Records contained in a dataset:
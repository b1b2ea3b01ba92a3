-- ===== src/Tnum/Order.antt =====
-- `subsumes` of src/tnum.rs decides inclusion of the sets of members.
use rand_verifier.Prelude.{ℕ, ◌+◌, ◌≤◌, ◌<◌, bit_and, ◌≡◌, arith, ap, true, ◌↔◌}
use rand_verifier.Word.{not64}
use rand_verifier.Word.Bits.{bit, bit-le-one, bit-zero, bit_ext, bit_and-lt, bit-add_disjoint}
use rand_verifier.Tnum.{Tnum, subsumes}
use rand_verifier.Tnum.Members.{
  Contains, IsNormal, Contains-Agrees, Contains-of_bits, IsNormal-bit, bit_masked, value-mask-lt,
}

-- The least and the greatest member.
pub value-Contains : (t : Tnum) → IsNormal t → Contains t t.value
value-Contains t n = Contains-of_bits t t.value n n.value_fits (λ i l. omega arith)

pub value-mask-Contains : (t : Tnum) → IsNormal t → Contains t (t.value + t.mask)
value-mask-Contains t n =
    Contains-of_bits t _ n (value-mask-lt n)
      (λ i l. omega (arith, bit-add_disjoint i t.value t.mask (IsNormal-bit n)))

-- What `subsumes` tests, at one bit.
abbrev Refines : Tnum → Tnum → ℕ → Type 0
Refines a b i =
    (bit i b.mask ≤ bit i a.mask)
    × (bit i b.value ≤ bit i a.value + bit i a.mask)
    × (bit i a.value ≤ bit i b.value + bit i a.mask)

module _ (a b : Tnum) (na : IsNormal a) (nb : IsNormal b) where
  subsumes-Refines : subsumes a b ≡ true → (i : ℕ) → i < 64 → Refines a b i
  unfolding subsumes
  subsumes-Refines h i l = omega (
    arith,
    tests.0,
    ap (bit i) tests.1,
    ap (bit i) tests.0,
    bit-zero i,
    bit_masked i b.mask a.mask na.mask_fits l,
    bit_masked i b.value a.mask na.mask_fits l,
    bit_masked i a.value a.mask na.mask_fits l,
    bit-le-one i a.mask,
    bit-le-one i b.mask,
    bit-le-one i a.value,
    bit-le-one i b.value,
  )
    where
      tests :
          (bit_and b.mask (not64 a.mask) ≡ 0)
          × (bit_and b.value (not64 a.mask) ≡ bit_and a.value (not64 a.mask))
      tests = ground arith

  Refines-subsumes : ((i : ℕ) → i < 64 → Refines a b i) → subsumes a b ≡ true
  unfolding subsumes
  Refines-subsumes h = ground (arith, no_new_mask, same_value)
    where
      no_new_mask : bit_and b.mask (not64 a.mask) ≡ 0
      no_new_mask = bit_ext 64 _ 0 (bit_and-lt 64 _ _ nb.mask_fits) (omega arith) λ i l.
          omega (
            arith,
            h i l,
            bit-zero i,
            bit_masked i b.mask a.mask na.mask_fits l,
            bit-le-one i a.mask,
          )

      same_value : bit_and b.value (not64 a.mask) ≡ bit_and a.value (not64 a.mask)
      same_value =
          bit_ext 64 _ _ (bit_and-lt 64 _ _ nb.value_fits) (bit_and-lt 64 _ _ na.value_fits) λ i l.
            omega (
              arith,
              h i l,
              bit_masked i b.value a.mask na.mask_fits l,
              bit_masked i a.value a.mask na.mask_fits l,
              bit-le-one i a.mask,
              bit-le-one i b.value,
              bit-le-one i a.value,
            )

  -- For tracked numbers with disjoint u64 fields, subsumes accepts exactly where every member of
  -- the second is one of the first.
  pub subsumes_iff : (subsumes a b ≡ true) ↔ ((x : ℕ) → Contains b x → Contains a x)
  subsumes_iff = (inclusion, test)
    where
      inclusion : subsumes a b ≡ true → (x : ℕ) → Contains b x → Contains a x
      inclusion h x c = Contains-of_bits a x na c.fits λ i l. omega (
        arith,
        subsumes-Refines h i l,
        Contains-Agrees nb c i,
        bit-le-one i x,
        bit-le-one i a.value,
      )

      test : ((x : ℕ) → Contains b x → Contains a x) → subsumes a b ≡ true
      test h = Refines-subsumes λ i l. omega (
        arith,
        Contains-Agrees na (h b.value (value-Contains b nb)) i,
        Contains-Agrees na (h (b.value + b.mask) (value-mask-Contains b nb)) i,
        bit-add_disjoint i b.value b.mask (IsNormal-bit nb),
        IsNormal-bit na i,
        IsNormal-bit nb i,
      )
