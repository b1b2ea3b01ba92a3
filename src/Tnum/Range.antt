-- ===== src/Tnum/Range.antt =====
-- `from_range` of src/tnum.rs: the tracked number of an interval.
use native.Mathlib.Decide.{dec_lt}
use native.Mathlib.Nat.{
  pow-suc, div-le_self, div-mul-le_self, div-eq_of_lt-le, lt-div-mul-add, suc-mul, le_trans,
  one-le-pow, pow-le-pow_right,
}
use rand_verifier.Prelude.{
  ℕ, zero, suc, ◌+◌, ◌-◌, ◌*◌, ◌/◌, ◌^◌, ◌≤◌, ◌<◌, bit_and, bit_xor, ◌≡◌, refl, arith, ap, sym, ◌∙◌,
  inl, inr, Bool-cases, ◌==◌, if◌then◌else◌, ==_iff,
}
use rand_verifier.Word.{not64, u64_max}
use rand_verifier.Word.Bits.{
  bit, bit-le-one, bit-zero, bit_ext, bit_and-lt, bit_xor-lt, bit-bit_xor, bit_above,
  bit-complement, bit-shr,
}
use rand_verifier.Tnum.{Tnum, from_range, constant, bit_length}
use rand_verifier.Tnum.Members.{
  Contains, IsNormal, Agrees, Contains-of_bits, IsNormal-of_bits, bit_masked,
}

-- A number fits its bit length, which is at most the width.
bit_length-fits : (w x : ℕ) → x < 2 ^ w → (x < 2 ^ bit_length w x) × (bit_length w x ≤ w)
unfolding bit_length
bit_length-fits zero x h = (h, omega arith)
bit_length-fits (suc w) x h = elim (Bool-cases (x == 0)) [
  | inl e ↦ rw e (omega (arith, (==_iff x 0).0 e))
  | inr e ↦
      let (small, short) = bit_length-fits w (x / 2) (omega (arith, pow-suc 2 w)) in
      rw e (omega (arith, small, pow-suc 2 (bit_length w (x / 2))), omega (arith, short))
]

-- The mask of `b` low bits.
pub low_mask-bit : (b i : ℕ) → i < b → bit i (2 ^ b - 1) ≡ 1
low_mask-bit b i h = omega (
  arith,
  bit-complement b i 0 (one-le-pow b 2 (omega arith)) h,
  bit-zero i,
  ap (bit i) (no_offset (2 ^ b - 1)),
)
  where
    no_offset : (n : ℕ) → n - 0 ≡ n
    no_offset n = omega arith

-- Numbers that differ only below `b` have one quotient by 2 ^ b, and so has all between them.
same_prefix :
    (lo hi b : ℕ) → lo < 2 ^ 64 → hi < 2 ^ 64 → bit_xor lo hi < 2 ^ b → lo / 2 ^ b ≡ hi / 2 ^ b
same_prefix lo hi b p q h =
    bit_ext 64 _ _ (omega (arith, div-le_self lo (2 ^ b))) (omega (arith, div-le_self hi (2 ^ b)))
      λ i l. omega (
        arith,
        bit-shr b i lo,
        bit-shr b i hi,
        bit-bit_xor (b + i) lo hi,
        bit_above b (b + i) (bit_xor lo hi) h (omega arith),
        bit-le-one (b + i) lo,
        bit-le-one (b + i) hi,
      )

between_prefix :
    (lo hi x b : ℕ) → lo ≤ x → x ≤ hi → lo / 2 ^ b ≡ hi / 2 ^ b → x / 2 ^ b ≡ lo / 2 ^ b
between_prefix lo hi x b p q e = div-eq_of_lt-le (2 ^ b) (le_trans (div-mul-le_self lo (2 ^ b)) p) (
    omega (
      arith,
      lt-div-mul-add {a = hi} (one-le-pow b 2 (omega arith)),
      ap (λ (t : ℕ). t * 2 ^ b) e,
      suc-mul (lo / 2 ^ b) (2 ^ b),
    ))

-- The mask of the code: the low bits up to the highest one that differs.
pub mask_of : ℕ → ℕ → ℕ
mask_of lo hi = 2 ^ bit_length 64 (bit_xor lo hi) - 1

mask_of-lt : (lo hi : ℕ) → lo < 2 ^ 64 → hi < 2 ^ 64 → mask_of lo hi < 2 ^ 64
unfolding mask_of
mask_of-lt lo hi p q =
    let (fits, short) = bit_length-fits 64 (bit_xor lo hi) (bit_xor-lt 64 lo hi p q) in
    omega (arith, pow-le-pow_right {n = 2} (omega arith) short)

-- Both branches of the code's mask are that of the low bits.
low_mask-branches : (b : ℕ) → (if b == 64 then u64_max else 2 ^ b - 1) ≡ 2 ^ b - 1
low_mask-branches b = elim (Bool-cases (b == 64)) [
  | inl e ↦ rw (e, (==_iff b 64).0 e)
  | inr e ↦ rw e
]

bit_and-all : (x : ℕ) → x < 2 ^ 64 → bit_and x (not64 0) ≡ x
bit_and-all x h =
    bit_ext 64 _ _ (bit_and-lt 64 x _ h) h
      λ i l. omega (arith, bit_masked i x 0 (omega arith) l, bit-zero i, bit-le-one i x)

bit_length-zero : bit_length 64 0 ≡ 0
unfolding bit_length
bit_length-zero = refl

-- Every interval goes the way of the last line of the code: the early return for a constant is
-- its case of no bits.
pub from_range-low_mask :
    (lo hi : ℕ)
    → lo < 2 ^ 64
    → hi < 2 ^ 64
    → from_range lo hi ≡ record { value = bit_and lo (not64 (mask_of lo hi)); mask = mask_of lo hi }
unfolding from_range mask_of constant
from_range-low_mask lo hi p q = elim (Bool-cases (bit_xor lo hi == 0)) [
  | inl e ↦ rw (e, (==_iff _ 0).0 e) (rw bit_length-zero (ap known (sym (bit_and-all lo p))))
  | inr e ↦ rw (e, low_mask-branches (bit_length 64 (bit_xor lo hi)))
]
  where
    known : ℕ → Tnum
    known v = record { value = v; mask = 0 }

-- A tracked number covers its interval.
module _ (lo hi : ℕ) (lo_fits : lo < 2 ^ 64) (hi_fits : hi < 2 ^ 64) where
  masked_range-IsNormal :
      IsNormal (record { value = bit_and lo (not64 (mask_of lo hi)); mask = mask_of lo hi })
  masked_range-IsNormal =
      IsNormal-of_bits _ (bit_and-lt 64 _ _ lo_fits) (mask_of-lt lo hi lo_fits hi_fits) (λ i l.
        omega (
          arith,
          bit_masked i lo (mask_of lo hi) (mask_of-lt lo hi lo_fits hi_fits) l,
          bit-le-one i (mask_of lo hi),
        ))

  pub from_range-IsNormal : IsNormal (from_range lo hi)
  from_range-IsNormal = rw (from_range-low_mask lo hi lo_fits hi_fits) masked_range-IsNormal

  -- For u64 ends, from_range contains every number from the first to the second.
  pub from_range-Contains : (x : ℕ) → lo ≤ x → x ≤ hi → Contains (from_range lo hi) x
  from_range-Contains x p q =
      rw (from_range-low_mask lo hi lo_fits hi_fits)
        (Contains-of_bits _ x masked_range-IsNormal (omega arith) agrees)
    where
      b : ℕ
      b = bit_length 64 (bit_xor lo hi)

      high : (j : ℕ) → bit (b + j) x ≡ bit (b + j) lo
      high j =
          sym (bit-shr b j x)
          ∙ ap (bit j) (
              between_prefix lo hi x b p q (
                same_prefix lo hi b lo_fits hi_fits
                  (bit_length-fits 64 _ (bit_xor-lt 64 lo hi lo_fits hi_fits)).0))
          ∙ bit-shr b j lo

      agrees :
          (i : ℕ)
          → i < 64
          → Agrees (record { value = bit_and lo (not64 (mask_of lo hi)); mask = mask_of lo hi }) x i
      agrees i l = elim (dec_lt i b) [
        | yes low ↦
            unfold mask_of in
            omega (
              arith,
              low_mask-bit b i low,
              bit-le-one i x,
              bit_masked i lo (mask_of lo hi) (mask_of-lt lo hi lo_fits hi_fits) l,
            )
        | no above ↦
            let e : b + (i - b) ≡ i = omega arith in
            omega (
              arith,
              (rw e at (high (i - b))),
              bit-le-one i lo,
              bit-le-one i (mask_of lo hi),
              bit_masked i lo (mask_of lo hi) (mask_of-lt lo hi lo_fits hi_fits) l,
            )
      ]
---
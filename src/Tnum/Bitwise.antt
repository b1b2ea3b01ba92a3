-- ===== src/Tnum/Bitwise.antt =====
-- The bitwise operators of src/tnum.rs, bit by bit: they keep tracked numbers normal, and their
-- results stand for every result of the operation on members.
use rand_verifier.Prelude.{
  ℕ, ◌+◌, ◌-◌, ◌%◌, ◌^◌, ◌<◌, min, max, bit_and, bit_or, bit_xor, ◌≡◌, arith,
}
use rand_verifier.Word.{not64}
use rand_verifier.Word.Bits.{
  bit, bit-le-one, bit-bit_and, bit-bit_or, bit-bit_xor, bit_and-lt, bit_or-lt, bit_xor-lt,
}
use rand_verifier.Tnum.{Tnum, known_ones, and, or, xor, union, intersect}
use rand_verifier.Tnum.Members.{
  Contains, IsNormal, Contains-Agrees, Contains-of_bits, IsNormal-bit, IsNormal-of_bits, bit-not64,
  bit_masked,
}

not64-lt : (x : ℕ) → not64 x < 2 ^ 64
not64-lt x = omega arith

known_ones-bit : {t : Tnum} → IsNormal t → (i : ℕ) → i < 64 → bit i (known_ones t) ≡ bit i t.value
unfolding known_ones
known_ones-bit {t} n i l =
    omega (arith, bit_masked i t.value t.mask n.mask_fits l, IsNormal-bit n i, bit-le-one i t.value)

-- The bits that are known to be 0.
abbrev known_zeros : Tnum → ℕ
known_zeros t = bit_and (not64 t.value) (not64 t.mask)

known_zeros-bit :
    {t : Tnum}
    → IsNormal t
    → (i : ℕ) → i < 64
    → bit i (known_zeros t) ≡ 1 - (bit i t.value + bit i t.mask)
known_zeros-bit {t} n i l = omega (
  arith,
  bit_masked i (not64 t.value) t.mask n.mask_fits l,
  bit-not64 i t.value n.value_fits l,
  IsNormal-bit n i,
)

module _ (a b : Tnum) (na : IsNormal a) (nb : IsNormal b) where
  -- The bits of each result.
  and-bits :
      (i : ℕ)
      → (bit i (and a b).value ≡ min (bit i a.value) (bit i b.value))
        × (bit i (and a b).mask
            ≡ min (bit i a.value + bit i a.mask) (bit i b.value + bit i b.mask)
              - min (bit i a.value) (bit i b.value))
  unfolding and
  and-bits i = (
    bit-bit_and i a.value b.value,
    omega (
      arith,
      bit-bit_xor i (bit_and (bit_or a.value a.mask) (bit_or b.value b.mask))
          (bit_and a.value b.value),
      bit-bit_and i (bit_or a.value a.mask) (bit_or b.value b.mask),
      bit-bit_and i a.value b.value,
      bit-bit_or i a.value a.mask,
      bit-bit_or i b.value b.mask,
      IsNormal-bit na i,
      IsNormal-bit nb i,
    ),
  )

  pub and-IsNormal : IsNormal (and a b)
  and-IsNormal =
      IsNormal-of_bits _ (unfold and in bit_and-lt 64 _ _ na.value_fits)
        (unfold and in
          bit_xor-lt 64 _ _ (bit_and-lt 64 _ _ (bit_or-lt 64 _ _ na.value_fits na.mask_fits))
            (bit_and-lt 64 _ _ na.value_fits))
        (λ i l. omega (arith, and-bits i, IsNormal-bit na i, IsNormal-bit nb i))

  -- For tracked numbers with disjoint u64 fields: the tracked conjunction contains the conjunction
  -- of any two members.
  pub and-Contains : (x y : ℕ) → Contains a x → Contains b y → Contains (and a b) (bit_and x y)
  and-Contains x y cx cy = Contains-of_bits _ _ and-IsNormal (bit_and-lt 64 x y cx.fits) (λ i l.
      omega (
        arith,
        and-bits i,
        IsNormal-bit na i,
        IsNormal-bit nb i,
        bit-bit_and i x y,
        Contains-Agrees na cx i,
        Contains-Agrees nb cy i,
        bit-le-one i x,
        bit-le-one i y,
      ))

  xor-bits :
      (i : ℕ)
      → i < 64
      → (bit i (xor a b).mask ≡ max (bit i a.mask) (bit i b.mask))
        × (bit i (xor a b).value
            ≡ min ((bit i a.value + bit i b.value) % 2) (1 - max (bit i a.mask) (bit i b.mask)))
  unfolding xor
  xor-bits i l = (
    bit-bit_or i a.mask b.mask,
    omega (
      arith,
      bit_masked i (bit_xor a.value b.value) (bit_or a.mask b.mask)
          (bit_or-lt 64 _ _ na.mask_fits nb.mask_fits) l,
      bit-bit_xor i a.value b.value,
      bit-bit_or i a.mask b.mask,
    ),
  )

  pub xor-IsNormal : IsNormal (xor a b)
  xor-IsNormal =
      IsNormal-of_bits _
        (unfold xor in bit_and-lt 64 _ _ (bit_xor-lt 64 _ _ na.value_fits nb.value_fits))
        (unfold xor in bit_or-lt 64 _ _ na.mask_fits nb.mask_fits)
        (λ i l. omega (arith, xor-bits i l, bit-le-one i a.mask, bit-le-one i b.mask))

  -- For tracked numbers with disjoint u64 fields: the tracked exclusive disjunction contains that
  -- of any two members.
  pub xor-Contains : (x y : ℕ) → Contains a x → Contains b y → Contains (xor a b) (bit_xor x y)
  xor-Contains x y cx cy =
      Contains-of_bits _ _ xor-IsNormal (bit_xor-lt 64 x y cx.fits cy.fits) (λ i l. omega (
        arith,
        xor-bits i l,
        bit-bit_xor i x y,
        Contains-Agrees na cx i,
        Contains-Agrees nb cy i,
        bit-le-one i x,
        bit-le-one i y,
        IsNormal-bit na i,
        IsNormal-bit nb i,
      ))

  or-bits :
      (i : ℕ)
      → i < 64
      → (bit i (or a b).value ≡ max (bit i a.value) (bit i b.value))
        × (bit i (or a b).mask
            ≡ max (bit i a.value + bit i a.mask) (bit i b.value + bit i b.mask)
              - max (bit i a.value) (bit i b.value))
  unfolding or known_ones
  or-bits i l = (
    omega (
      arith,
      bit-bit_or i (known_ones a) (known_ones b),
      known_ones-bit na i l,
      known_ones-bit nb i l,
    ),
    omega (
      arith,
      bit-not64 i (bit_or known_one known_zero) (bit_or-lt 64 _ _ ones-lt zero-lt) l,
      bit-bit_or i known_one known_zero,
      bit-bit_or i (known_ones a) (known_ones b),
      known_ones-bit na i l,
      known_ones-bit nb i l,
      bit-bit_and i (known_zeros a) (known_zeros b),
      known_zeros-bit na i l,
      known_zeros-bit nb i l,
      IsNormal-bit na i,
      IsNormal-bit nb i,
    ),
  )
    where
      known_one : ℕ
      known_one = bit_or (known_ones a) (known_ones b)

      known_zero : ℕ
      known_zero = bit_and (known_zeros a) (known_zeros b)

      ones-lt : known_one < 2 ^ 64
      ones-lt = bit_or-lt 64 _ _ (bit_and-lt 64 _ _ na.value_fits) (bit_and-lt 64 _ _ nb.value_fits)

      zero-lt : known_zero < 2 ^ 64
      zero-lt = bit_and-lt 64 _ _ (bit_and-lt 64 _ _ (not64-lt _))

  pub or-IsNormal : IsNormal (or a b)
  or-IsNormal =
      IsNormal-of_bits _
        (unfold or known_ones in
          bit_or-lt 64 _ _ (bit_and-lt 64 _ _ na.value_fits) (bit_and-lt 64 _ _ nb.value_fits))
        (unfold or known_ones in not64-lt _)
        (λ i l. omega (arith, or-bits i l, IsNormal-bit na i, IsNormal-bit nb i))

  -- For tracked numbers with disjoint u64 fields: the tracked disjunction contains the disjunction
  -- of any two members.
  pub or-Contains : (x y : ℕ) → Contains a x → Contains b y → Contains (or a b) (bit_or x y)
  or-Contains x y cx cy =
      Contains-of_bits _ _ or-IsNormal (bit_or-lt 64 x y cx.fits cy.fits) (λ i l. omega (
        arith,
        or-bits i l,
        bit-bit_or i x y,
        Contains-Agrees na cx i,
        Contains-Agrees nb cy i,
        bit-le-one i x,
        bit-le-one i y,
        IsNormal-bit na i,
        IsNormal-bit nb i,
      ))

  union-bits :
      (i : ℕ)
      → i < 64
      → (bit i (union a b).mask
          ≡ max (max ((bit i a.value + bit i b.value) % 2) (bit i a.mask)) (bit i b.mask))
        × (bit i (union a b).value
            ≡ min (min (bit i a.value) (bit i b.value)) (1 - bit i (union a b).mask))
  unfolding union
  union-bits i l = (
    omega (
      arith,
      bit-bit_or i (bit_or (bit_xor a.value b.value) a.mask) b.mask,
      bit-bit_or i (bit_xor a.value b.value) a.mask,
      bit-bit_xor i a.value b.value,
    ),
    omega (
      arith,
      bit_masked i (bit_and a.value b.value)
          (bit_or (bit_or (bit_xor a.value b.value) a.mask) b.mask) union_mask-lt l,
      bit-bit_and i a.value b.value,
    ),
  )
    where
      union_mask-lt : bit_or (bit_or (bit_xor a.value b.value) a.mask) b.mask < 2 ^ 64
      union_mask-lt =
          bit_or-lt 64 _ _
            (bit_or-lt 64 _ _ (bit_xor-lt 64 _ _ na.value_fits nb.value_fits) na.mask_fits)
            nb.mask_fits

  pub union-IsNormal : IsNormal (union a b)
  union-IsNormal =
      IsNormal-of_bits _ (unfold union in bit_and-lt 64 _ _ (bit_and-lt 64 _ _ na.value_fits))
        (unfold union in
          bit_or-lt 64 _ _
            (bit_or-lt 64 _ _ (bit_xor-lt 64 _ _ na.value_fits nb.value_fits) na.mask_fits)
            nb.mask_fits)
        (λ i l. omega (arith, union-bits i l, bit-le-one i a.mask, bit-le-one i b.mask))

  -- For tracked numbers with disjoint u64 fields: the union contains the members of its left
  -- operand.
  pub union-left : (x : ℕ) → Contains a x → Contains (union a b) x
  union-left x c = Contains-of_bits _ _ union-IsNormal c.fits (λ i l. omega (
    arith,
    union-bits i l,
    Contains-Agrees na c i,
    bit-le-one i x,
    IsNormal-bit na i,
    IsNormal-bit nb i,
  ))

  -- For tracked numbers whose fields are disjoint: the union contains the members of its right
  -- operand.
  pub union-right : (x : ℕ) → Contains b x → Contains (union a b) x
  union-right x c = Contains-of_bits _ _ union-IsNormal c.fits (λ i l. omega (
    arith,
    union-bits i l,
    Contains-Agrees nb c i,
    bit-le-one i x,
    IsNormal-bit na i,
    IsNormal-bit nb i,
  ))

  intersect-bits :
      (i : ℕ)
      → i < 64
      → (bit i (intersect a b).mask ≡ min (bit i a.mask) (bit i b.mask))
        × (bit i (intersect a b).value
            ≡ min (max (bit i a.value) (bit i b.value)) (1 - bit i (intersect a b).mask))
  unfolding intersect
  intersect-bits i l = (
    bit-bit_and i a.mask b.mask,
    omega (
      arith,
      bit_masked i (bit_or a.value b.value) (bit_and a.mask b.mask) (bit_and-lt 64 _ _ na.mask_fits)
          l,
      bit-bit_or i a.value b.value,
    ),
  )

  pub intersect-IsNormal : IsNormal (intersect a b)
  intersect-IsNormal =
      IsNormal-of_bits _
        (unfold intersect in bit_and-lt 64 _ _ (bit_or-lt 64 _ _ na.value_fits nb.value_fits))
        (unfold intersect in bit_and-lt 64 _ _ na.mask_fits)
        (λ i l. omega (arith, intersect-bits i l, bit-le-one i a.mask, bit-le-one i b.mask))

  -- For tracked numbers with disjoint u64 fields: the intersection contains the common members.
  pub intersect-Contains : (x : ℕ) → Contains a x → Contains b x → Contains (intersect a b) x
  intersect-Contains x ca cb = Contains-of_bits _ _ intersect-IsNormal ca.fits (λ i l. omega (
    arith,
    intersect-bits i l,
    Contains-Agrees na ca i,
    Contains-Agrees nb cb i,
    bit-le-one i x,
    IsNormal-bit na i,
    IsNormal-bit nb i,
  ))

#### [WORK REQUEST]
Using the records given above, list every line that includes the word "ground".

#### [TASK OUTPUT]
      tests = ground arith
  Refines-subsumes h = ground (arith, no_new_mask, same_value)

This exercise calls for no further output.